▸ Recorded data:
________________________
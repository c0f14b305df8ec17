-- ===== src/Books/History.antt =====
-- Registrations, top-ups and transfers in any order, from empty tables on.
use go_hermes.Base.{[], some, ◌≡◌, inl, inr, sym, ap, ◌∙◌, subst, arith}
use go_hermes.Base.Int64.{IsInt64}
use go_hermes.AuthUsecase.{AuthLib, AuthDraws, register}
use go_hermes.AuthUsecase.Account.{register-IsAccount}
use go_hermes.AuthUsecase.Failure.{register-err}
use go_hermes.Books.{IsBooked, IsBooked-open, Chain, entries_of}
use go_hermes.Books.Movements.{Books, Books-tables, top_up-Books, transfer-Books}
use go_hermes.Handler.Account.{register_handler}
use go_hermes.Handler.Input.{HttpRequest, BodyLib, RegisterBody, TopUpBody, TransferBody}
use go_hermes.Handler.Keeps.{register_handler-keeps, top_up_handler-keeps, transfer_handler-keeps}
use go_hermes.Handler.Money.{top_up_handler, transfer_handler}
use go_hermes.Reconciliation.Entry.{derived_balance}
use go_hermes.Reconciliation.Entry.Laws.{derived_balance-last}
use go_hermes.Store.{Repositories}
use go_hermes.Store.Laws.{IsStore, IsAccountStore}
use go_hermes.Store.View.{View, wallet_by_id}
use go_hermes.Entity.{Uuid, Wallet}
use go_hermes.TransactionUsecase.Common.{Draws, World}
use go_hermes.TransactionUsecase.Common.Replay.{Result-cases}
use go_hermes.Types.{RegisterRequest}
use go_hermes.UuidLib.{UuidLib}
use go_hermes.Webhook.Create.{WebhookNotifier}

empty_books : IsBooked [] []
empty_books = record { chained = λ i x h. absurd (ground arith); owned = λ i h. ground arith }

pub empty-Books : (v : View) → v.wallets ≡ [] → v.ledger ≡ [] → Books v
empty-Books v no_wallets no_entries = Books-tables v v [] [] no_entries no_wallets empty_books

module _ (r : Repositories) (u : UuidLib) (n : WebhookNotifier) (a : AuthLib) where
  -- A POST to /auth/register, /wallets/me/top-up or /transfers, with any body whose amount is an int64,
  -- however it ends and with any values drawn.
  pub data Step (w w' : World r.Db) : Type 0 where
    registered :
        (d : AuthDraws) (b : BodyLib RegisterBody) (c : HttpRequest)
        → w' ≡ record { db = (register_handler r u a d b c w.db).1; queue = w.queue }
        → Step w w'
    topped_up :
        (d : Draws) (b : BodyLib TopUpBody) (c : HttpRequest)
        → ((x : TopUpBody) → b.body_parser c ≡ some x → IsInt64 x.amount)
        → w' ≡ (top_up_handler r u n d b c w).1
        → Step w w'
    transferred :
        (d : Draws) (b : BodyLib TransferBody) (c : HttpRequest)
        → ((x : TransferBody) → b.body_parser c ≡ some x → IsInt64 x.amount)
        → w' ≡ (transfer_handler r u n d b c w).1
        → Step w w'

  pub data Reach (w : World r.Db) : World r.Db → Type 0 where
    here : Reach w w
    next : {w' w'' : World r.Db} → Reach w w' → Step w' w'' → Reach w w''

  module _ (l : IsStore r) (al : IsAccountStore r l.view) where
    register-Books :
        (d : AuthDraws) (req : RegisterRequest) (s : r.Db)
        → Books (l.view s)
        → Books (l.view (register r u a d req s).1)
    register-Books d req s booked = elim (Result-cases (register r u a d req s)) [
      | inl (res, t, h) ↦
          let (x, w, account, _) = register-IsAccount r l al u a d req s t res h in
          subst (λ p. Books (l.view p.1)) (sym h)
            (Books-tables (l.view s) (l.view t) _ _ (ap (λ k. k.ledger) account.tables)
              (ap (λ k. k.wallets) account.tables)
              (IsBooked-open (l.view s).ledger (l.view s).wallets w account.empty booked))
      | inr (e, t, h) ↦
          subst (λ p. Books (l.view p.1)) (sym h)
            (subst Books (sym (register-err r l al u a d req s t e h)) booked)
    ]

    Step-Books : (w w' : World r.Db) → Step w w' → Books (l.view w.db) → Books (l.view w'.db)
    Step-Books w w' (registered d b c e) booked =
        subst (λ x. Books (l.view x.db)) (sym e)
          (register_handler-keeps r u (λ s. Books (l.view s)) a d b c w.db
            (λ req. register-Books d req w.db booked) booked)
    Step-Books w w' (topped_up d b c int64 e) booked =
        subst (λ x. Books (l.view x.db)) (sym e)
          (top_up_handler-keeps r u n (λ x. Books (l.view x.db)) d c w b
            (λ req asked. top_up-Books r l u n d w req booked) booked)
    Step-Books w w' (transferred d b c int64 e) booked =
        subst (λ x. Books (l.view x.db)) (sym e)
          (transfer_handler-keeps r u n (λ x. Books (l.view x.db)) d c w b
            (λ req asked. transfer-Books r l u n d w req booked) booked)

    pub Reach-Books : {w w' : World r.Db} → Reach w w' → Books (l.view w.db) → Books (l.view w'.db)
    Reach-Books here booked = booked
    Reach-Books (next before step) booked = Step-Books _ _ step (Reach-Books before booked)

    -- From tables without wallets and ledger entries, after any number of requests to register, to top
    -- up and to transfer in any order, with any bodies and each ending well or badly: the entries of a wallet that is there, in the
    -- order in which they were written, are linked from 0 on, each moves its balance by its positive
    -- amount, and the wallet's balance is the one that the last of them left, which is also the balance
    -- that reconciliation derives from them.
    pub history_balances :
        {w w' : World r.Db}
        → (l.view w.db).wallets ≡ []
        → (l.view w.db).ledger ≡ []
        → Reach w w'
        → (i : Uuid) (x : Wallet) → wallet_by_id i (l.view w'.db).wallets ≡ some x
        → Chain (entries_of i (l.view w'.db).ledger) x.balance
          × (derived_balance (entries_of i (l.view w'.db).ledger) ≡ x.balance)
    history_balances {w} {w'} no_wallets no_entries reached i x found =
        let (recorded, linked, same) =
          (Reach-Books reached (empty-Books (l.view w.db) no_wallets no_entries)).chained i x
            found in
        ((recorded, linked, same), derived_balance-last _ recorded linked ∙ sym same)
________________________
▸ What is needed: Your task is to transcribe, with no changes, only the lines of the listing above that lie between the line holding "-- however it" and the line holding "(d : AuthDraws) (b", inclusive.

▸ Final answer:
  -- however it ends and with any values drawn.
  pub data Step (w w' : World r.Db) : Type 0 where
    registered :
        (d : AuthDraws) (b : BodyLib RegisterBody) (c : HttpRequest)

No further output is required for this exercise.